30 Aralık 2010

Hapsoldum bu şehre...

Resim yazısı ekle

Valizimi alıp içine işime yaramayan ne varsa alıp gitmek istiyorum buralardan.Nereye gittiğimin hiç bir önemi olmadan,anlamsız bakışlar arasında kaybolmadan,kimse kimsenin umrunda olmadığı,aşk kelimesinden çok uzak,iliklerime kadar üşüyüp yanımda keşke o olsaydı diye söyleneceğimi düşünmeden gitmek..Başkaları ne düşünür düşüncesiyle hapsoldum bu şehre.Kaçıp da kurtaramadım elimi eteğimi.Kapana sıkışmış fare gibi sesim çıkmadan öylece sustum.
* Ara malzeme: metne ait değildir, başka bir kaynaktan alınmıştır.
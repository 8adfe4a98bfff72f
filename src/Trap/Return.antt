-- ===== src/Trap/Return.antt =====
-- iss.cpp: `return_from_trap_handler`, and the instructions that call it.
use rvvp.Base.{◌||◌, ℕ, Bool, true, false, not, ◌&&◌, ◌==◌, if◌then◌else◌}
use rvvp.Core.Privilege.{
  user_mode, supervisor_mode, machine_mode, virtual_user_mode, virtual_supervisor_mode,
  vpp_to_privilege_level,
}
use rvvp.Core.Result.{Result, ok, stop, runtime_error, raise_trap, ◌>>=◌}
use rvvp.Trap.State.{Hart}
use rvvp.Trap.Stack.{stsp_swap_sp_on_mode_change}

module _ {M : Type 0} where
  -- `is_irq_globaly_enable_per_level`
  unfoldable pub is_irq_globaly_enable_per_level : ℕ → Hart M → Result Bool
  is_irq_globaly_enable_per_level target_mode h =
      if target_mode == machine_mode
      then ok (not (h.prv == machine_mode) || (h.prv == machine_mode && h.mstatus.mie))
      else if target_mode == supervisor_mode
      then ok (
          not (h.prv == machine_mode) && not (h.prv == supervisor_mode)
          || (h.prv == supervisor_mode && h.mstatus.sie))
      else if target_mode == virtual_supervisor_mode
      then ok (h.prv == virtual_user_mode || (h.prv == virtual_supervisor_mode && h.vsstatus.sie))
      else stop runtime_error

  -- The cases of `return_from_trap_handler`. `has_user_mode_extension` is true in the
  -- source.
  unfoldable pub restore_from_m : Hart M → Hart M
  unfolding vpp_to_privilege_level
  restore_from_m h =
      let prv = vpp_to_privilege_level h.mpv h.mstatus.mpp in
      record h {
        prv = prv;
        mstatus = record h.mstatus {
          mie = h.mstatus.mpie;
          mpie = true;
          mprv = if prv == machine_mode then h.mstatus.mprv else false;
          mpp = user_mode;
        };
        pc = h.m.epc;
        mpv = 0;
      }

  unfoldable pub restore_from_vs : Hart M → Hart M
  unfolding vpp_to_privilege_level
  restore_from_vs h = record h {
    prv = vpp_to_privilege_level 1 h.vsstatus.spp;
    vsstatus = record { sie = h.vsstatus.spie; spie = true; spp = user_mode };
    pc = h.vs.epc;
    mstatus = record h.mstatus { mprv = false };
  }

  unfoldable pub restore_from_s : Hart M → Hart M
  unfolding vpp_to_privilege_level
  restore_from_s h = record h {
    prv = vpp_to_privilege_level h.hstatus.spv h.mstatus.spp;
    mstatus = record h.mstatus { sie = h.mstatus.spie; spie = true; mprv = false; spp = user_mode };
    pc = h.s.epc;
    hstatus = record h.hstatus { spv = 0 };
  }

  unfoldable pub restore_from : ℕ → Hart M → Result (Hart M)
  unfolding restore_from_m restore_from_vs restore_from_s
  restore_from return_mode h =
      if return_mode == machine_mode
      then ok (restore_from_m h)
      else if return_mode == virtual_supervisor_mode
      then ok (restore_from_vs h)
      else if return_mode == supervisor_mode
      then ok (restore_from_s h)
      else stop runtime_error

  unfoldable pub return_from_trap_handler : ℕ → Hart M → Result (Hart M)
  unfolding restore_from stsp_swap_sp_on_mode_change
  return_from_trap_handler return_mode h =
      restore_from return_mode h >>= λ back. stsp_swap_sp_on_mode_change return_mode back.prv back

  -- `exec_step`, SRET; `misa` has the supervisor mode extension when `has_s` is set.
  unfoldable pub sret : Bool → Hart M → Result (Hart M)
  unfolding return_from_trap_handler
  sret has_s h =
      if not has_s
      then raise_trap 2 h.instr
      else if h.prv == supervisor_mode && h.mstatus.tsr
      then raise_trap 2 h.instr
      else if h.prv == virtual_supervisor_mode && h.hstatus.vtsr
      then raise_trap 22 h.instr
      else if h.prv == virtual_supervisor_mode
      then return_from_trap_handler virtual_supervisor_mode h
      else if h.prv == supervisor_mode
      then return_from_trap_handler supervisor_mode h
      else if h.prv == machine_mode
      then return_from_trap_handler supervisor_mode h
      else stop runtime_error

  -- `exec_step`, MRET
  unfoldable pub mret : Hart M → Result (Hart M)
  unfolding return_from_trap_handler
  mret h =
      if not (h.prv == machine_mode)
      then raise_trap 2 h.instr
      else return_from_trap_handler machine_mode h
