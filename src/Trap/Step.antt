-- ===== src/Trap/Step.antt =====
-- iss.cpp: the parts of `run_step` that are about traps.
use rvvp.Base.{ℕ, false, ◌&&◌, if◌then◌else◌}
use rvvp.Base.Bits.{truth}
use rvvp.Core.Privilege.{supervisor_mode, machine_mode, virtual_supervisor_mode}
use rvvp.Core.Result.{Result, ok, stop, SimulationTrap, ◌>>=◌}
use rvvp.Trap.State.{Hart, Callees}
use rvvp.Trap.Prepare.{prepare_trap}
use rvvp.Trap.Enter.{switch_to_trap_handler}
use rvvp.Trap.Return.{is_irq_globaly_enable_per_level}

abbrev pub none_mode : ℕ
none_mode = 0xffffffff

-- `PendingInterrupts`: the bits of the pending interrupts, by the level that takes them.
pub record PendingInterrupts : Type 0 where
  pub m_pending : ℕ
  pub s_hs_pending : ℕ
  pub vs_pending : ℕ

module _ {M : Type 0} where
  -- `run_step`, the handler of a `SimulationTrap`.
  unfoldable pub take_trap : Callees M → SimulationTrap → Hart M → Result (Hart M)
  unfolding prepare_trap switch_to_trap_handler
  take_trap c e h =
      prepare_trap e h >>= λ (target_mode, prepared). switch_to_trap_handler c target_mode prepared

  set_pc : Result ℕ → Hart M → Hart M
  set_pc (ok word) h = record h { pc = word }
  set_pc (stop why) h = h

  -- `process_pending_ivt`: a load that throws keeps the change that was made before.
  unfoldable pub process_pending_ivt : Callees M → Hart M → Result (Unit {0}) × Hart M
  unfolding set_pc
  process_pending_ivt c h =
      let (loaded, called) = c.load_word h.ivt_entry_address h.called in
      let cleared : Hart M = record h { ivt_pending = false; called = called } in
      if h.ivt_pending then (loaded >>= λ word. ok tt, set_pc loaded cleared) else (ok tt, h)

  -- The tests of `compute_pending_interrupt` look for the enable bit only behind a pending interrupt;
  -- the levels are such that the look never throws.
  unfoldable pub compute_pending_interrupt : PendingInterrupts → Hart M → Result ℕ
  unfolding is_irq_globaly_enable_per_level
  compute_pending_interrupt irqs_pend h = is_irq_globaly_enable_per_level machine_mode h >>= λ m.
      is_irq_globaly_enable_per_level supervisor_mode h >>= λ s.
      is_irq_globaly_enable_per_level virtual_supervisor_mode h >>= λ vs. ok (
        if truth irqs_pend.m_pending && m
        then machine_mode
        else if truth irqs_pend.s_hs_pending && s
        then supervisor_mode
        else if truth irqs_pend.vs_pending && vs
        then virtual_supervisor_mode
        else none_mode)
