-- ===== src/Trap/Jump.antt =====
-- The entry of a trap handler, in two parts: what is saved, and the jump.
use rvvp.Base.{refl, Bool, true, false, ℕ, ◌≡◌, ◌⊎◌, if◌then◌else◌, arith}
use rvvp.Core.Privilege.{
  user_mode, supervisor_mode, machine_mode, virtual_user_mode, virtual_supervisor_mode,
}
use rvvp.Core.Result.{Result, ok, ◌>>=◌, >>=-eq-ok, >>=-ok}
use rvvp.Trap.State.{Hart, Callees, registers}
use rvvp.Trap.Stack.{stsp_swap_sp_on_mode_change, release_lr_sc_reservation}
use rvvp.Trap.Enter.{
  save_for, vector_to, vector_to_line, irq_taken, verify_m_trap_vector, jump_to_trap_vector,
  switch_to_trap_handler, set_pending_ivt,
}

abbrev pub Virtual : ℕ → Type 0
Virtual prv = (prv ≡ virtual_user_mode) ⊎ (prv ≡ virtual_supervisor_mode)

-- The levels that a hart can be at.
abbrev pub IsLevel : ℕ → Type 0
IsLevel prv = (prv ≡ user_mode) ⊎ (prv ≡ supervisor_mode) ⊎ (prv ≡ machine_mode) ⊎ Virtual prv

-- The modes that a trap can be taken to from a level: never to a less privileged one.
abbrev pub TrapsTo : ℕ → ℕ → Type 0
TrapsTo target prv =
    ((target ≡ machine_mode) × IsLevel prv)
    ⊎ ((target ≡ supervisor_mode) × ((prv ≡ user_mode) ⊎ (prv ≡ supervisor_mode) ⊎ Virtual prv))
    ⊎ ((target ≡ virtual_supervisor_mode) × Virtual prv)

module _ {M : Type 0} where
  -- What the jump to the handler changes: the program counter, at once or in the next step, and what
  -- the call of `notify_irq_taken` does.
  abbrev pub Jumped : Hart M → Hart M → Type 0
  Jumped h h' = h' ≡ record h {
    pc = h'.pc;
    ivt_pending = h'.ivt_pending;
    ivt_entry_address = h'.ivt_entry_address;
    called = h'.called;
  }

  vector_to-Jumped : (c : Callees M) (t : ℕ) (h h' : Hart M) → vector_to c t h ≡ ok h' → Jumped h h'
  unfolding vector_to vector_to_line set_pending_ivt
  vector_to-Jumped c t h h' e = ground arith

  irq_taken-Jumped : (c : Callees M) (t : ℕ) (h h' : Hart M) → irq_taken c t h ≡ ok h' → Jumped h h'
  unfolding irq_taken
  irq_taken-Jumped c t h h' e = ground arith

  -- The jump, taken apart.
  after_vector :
      (c : Callees M) (t : ℕ) (h h' : Hart M)
      → jump_to_trap_vector c t h ≡ ok h'
      → (vector_to c t h >>= λ (jumped : Hart M).
          if (registers t h).cause.interrupt then irq_taken c t jumped else ok jumped)
        ≡ ok h'
  unfolding jump_to_trap_vector verify_m_trap_vector
  after_vector c t h h' e = ground arith

  after_call :
      (c : Callees M) (t : ℕ) (h h' : Hart M) (interrupt : Bool)
      → (if interrupt then irq_taken c t h else ok h) ≡ ok h'
      → Jumped h h'
  after_call c t h h' true e = irq_taken-Jumped c t h h' e
  after_call c t h h' false e = ground arith

  pub jump_to_trap_vector-Jumped :
      (c : Callees M) (t : ℕ) (h h' : Hart M) → jump_to_trap_vector c t h ≡ ok h' → Jumped h h'
  jump_to_trap_vector-Jumped c t h h' e =
      let (jumped, first, rest) = >>=-eq-ok (vector_to c t h) _ (after_vector c t h h' e) in
      let there : Jumped h jumped = vector_to-Jumped c t h jumped first in
      let taken : Jumped jumped h' = after_call c t jumped h' _ rest in ground arith

  -- The switch up to the jump.
  unfoldable pub entered : Callees M → ℕ → Hart M → Result (Hart M)
  unfolding release_lr_sc_reservation stsp_swap_sp_on_mode_change save_for
  entered c t h =
      stsp_swap_sp_on_mode_change t h.prv (record (release_lr_sc_reservation c h) { prv = t })
      >>= λ swapped. save_for t h.prv swapped

  pub entered-Jumped :
      (c : Callees M) (t : ℕ) (h h' : Hart M)
      → switch_to_trap_handler c t h ≡ ok h'
      → (saved : Hart M) × (entered c t h ≡ ok saved) × Jumped saved h'
  unfolding entered switch_to_trap_handler
  entered-Jumped c t h h' e =
      let (swapped, first, rest) =
        >>=-eq-ok
          (stsp_swap_sp_on_mode_change t h.prv (record (release_lr_sc_reservation c h) { prv = t }))
          _ e in
      let (saved, second, third) = >>=-eq-ok (save_for t h.prv swapped) _ rest in
      (
        saved,
        >>=-ok _ (save_for t h.prv) first second,
        jump_to_trap_vector-Jumped c t saved h' third,
      )

  pub switch-entered :
      (c : Callees M) (t : ℕ) (h saved : Hart M)
      → entered c t h ≡ ok saved
      → switch_to_trap_handler c t h ≡ jump_to_trap_vector c t saved
  unfolding entered switch_to_trap_handler
  switch-entered c t h saved e =
      let (swapped, first, second) =
        >>=-eq-ok
          (stsp_swap_sp_on_mode_change t h.prv (record (release_lr_sc_reservation c h) { prv = t }))
          (save_for t h.prv) e in
      >>=-ok _ _ first (>>=-ok _ _ second refl)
Yaptığım doğru veya yanlış kimin umrunda?Kimene benim yaptığım yanlışlardan bu güne kadar yaptıklarımı görüp beni uyarmayan insanlar neden bir yerlere kaçtığım zaman iki dakika da nasihat girl olur ki?Kimsenin uyarılarına ihiyacım yok sadece yanlış zamanda söylenen nasihatlardan bıktım.Tıpkı sabah kalkıp tüm işini ışık hızı yapıp saatini hiç şaşmayan öğlen on iki kahvesini bahane ederek koca karıların bir araya gelip mahalle dedikodularını yapmasına benziyor..İşin aslı anlatılanlar gerçek ama abartmak söz konusu ben o kadar yanlış yaptım göz göre göre sustular.Şimdi kaçıncamı aaaaa duydun mu duydun mu ? ayşenin kızı dayanamayıp evden kaçmış!Vah zavallım!Gencecik kız gitti bütün güzelliği...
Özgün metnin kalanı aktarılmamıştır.